(Collected data)
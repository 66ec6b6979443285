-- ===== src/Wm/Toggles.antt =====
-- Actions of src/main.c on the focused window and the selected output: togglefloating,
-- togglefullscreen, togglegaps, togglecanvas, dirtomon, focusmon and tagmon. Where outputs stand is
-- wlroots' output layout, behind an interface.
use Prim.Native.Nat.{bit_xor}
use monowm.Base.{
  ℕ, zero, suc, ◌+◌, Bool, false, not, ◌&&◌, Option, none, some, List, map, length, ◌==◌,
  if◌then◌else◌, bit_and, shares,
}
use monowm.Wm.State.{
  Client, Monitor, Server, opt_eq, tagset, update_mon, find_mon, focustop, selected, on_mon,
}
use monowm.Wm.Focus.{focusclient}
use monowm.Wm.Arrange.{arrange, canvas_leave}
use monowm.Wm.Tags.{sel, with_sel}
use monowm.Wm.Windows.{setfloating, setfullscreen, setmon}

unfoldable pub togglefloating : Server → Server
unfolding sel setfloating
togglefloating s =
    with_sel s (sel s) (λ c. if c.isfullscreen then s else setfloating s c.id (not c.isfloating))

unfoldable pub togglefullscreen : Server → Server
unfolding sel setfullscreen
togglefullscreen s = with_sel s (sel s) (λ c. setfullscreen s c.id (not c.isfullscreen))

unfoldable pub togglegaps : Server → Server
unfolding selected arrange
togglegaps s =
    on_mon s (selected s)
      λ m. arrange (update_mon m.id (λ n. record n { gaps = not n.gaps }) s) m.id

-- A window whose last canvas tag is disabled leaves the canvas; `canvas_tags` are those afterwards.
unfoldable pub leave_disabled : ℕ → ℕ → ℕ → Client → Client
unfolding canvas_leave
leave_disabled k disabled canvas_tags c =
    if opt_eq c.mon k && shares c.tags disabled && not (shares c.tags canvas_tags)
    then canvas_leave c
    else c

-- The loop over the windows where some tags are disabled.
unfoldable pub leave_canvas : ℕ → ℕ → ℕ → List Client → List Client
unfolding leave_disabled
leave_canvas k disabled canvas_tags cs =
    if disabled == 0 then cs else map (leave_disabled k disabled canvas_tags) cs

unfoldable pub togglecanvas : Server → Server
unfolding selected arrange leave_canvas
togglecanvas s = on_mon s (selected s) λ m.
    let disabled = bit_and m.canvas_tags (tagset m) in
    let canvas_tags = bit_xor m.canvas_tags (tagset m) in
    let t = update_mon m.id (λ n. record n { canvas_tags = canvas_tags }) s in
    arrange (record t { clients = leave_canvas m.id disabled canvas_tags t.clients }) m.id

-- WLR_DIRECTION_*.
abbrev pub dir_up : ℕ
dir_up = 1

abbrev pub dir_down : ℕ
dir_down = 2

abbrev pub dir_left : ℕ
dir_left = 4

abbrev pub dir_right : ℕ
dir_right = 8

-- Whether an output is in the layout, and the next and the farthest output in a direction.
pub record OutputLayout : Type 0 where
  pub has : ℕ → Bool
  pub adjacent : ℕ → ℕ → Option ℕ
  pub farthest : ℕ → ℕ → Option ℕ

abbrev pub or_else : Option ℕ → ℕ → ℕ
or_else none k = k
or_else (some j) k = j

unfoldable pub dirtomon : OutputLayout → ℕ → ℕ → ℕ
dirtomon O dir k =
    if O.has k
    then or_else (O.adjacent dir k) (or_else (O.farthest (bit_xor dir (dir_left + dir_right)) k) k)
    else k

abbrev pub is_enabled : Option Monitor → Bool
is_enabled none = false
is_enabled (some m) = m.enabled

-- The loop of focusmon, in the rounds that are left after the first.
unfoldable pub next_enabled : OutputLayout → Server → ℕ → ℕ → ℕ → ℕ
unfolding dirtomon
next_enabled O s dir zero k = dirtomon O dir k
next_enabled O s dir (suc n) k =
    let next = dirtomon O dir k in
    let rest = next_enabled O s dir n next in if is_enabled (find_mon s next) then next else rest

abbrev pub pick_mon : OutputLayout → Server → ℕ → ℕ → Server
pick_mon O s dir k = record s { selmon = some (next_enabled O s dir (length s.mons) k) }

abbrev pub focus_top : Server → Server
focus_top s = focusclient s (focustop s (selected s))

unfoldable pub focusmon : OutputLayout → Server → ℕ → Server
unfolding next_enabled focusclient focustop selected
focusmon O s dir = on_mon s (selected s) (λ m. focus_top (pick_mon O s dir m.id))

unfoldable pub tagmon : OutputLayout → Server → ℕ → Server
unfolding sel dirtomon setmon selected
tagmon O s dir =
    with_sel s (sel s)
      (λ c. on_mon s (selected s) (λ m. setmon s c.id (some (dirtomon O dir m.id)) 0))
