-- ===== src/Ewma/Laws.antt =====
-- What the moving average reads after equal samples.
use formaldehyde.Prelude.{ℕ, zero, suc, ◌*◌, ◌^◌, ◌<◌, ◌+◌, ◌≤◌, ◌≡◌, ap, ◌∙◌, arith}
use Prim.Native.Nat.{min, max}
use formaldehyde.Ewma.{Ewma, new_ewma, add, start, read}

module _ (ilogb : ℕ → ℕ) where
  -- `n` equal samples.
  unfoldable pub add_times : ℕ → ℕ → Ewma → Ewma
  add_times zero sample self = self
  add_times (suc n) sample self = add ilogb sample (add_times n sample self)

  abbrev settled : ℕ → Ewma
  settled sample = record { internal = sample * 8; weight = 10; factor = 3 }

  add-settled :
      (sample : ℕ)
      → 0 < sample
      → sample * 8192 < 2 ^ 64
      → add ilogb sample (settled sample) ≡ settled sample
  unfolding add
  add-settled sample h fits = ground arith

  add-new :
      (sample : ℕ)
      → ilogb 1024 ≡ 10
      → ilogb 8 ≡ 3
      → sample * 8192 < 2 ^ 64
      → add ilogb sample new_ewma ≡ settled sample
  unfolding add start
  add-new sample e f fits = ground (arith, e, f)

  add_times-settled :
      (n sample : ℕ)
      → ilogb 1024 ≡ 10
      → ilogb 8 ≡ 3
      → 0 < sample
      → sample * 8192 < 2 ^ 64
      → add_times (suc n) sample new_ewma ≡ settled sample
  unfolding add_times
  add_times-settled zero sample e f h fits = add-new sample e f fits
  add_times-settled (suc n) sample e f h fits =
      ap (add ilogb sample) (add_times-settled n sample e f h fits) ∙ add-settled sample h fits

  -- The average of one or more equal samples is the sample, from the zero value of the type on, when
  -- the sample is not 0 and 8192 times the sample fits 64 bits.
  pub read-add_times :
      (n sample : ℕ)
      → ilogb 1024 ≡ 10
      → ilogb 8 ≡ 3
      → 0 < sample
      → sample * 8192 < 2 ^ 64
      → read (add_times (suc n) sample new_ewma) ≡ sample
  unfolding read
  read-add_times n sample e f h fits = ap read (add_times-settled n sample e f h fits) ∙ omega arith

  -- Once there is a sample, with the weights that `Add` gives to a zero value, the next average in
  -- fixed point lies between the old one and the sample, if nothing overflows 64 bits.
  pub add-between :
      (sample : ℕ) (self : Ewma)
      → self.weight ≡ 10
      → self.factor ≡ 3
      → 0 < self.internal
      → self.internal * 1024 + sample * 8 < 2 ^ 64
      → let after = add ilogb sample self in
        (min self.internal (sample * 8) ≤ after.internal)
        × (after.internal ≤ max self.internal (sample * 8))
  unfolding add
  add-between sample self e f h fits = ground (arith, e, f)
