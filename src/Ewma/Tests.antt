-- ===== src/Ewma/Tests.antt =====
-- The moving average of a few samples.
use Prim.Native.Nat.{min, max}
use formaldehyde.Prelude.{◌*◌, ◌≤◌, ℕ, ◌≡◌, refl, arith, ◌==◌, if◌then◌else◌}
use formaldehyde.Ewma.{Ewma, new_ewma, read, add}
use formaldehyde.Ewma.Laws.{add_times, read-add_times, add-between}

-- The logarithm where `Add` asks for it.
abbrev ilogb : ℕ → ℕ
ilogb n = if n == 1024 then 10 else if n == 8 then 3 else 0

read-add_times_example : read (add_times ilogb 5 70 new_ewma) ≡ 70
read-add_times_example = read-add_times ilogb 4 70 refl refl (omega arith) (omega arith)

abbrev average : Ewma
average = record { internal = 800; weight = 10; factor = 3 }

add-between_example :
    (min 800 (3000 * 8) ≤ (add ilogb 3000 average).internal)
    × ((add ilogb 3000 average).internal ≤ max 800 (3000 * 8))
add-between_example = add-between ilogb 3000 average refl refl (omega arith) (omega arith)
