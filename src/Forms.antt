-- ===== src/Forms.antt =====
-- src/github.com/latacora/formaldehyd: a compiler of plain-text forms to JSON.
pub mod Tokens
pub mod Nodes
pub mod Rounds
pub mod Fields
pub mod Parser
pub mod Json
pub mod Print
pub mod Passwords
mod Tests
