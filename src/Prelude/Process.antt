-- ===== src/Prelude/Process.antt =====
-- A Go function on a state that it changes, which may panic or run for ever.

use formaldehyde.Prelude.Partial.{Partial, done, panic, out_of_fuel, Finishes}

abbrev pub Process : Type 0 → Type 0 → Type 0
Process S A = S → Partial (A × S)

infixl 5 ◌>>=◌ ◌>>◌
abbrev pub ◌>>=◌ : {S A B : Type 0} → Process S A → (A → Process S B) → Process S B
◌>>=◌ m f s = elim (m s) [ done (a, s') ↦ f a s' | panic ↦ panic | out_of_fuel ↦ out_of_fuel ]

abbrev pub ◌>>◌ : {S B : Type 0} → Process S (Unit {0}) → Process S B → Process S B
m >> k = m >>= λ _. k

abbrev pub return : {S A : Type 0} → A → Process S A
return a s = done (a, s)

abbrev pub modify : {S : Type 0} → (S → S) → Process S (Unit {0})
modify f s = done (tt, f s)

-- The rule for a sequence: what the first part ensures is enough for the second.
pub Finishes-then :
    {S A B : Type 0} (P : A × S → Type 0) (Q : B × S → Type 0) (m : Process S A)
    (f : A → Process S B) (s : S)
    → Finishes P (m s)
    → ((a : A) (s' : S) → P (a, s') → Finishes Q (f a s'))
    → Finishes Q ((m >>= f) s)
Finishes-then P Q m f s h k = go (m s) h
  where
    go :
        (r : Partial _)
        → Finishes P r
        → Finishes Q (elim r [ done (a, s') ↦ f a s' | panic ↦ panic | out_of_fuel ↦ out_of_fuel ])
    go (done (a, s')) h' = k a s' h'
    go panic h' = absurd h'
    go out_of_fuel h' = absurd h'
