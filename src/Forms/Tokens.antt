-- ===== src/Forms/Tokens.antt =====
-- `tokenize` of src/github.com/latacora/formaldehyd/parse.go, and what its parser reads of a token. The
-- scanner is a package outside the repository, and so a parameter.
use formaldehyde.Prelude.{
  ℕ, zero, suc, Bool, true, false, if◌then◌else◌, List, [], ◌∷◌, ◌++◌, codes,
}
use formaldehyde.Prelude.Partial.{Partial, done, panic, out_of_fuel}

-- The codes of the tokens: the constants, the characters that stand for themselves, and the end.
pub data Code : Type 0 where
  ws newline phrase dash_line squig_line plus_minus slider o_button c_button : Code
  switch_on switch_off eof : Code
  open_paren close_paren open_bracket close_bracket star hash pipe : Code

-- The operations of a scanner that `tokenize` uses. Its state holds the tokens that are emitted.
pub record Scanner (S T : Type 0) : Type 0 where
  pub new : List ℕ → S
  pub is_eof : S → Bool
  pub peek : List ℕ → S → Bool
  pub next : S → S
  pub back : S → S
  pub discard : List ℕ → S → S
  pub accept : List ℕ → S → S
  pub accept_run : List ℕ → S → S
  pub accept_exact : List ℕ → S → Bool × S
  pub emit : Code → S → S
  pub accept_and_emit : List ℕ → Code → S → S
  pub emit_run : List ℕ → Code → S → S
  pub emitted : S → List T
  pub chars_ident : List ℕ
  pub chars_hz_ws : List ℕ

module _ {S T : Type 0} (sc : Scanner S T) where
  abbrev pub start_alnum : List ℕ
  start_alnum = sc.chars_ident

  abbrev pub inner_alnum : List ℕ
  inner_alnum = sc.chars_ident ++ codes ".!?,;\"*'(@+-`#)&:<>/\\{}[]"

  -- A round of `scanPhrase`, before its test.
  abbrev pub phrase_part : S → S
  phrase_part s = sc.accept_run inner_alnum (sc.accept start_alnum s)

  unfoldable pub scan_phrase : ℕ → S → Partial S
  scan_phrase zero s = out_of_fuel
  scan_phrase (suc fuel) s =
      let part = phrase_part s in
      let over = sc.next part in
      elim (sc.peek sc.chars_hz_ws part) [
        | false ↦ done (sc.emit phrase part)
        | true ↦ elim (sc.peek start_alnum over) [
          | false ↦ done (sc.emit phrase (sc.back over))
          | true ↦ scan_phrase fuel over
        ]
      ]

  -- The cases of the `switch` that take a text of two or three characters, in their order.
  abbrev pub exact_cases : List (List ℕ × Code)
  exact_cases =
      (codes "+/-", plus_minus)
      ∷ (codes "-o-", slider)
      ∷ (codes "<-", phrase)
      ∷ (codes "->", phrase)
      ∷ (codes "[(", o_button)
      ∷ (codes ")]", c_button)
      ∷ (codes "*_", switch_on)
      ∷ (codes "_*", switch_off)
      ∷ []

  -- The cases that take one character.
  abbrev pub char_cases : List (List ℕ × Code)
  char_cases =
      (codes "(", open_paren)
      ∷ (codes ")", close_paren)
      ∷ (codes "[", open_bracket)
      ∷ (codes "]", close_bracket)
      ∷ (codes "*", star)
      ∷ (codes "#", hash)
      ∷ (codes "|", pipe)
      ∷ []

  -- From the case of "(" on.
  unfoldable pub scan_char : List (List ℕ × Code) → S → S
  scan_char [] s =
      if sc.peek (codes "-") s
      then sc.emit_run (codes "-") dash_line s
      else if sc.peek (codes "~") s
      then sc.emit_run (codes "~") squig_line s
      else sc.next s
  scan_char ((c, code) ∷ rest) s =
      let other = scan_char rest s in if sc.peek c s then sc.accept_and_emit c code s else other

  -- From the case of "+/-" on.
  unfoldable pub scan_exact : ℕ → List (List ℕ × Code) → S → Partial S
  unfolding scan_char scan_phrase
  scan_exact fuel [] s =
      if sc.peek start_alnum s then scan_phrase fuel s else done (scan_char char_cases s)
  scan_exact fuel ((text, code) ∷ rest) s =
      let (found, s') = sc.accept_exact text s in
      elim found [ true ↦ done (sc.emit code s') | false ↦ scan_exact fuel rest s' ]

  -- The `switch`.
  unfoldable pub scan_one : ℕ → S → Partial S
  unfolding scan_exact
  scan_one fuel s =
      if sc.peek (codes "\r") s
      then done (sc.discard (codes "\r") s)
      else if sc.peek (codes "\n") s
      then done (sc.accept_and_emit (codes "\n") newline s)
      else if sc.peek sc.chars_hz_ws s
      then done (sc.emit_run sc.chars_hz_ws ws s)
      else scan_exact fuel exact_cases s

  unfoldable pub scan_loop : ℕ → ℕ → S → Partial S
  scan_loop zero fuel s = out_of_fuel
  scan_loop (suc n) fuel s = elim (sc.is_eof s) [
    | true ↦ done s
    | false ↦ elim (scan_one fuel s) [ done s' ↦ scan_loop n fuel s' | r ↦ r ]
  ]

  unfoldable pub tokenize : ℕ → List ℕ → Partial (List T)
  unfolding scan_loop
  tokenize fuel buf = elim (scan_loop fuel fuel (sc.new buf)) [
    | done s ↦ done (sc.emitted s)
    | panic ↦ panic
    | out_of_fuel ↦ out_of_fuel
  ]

TO DO → Copy the lines above that hold the word "Option".

RESPONSE TO THE TASK →
  ℕ, zero, suc, ◌+◌, Bool, false, not, ◌&&◌, Option, none, some, List, map, length, ◌==◌,
  pub adjacent : ℕ → ℕ → Option ℕ
  pub farthest : ℕ → ℕ → Option ℕ
abbrev pub or_else : Option ℕ → ℕ → ℕ
abbrev pub is_enabled : Option Monitor → Bool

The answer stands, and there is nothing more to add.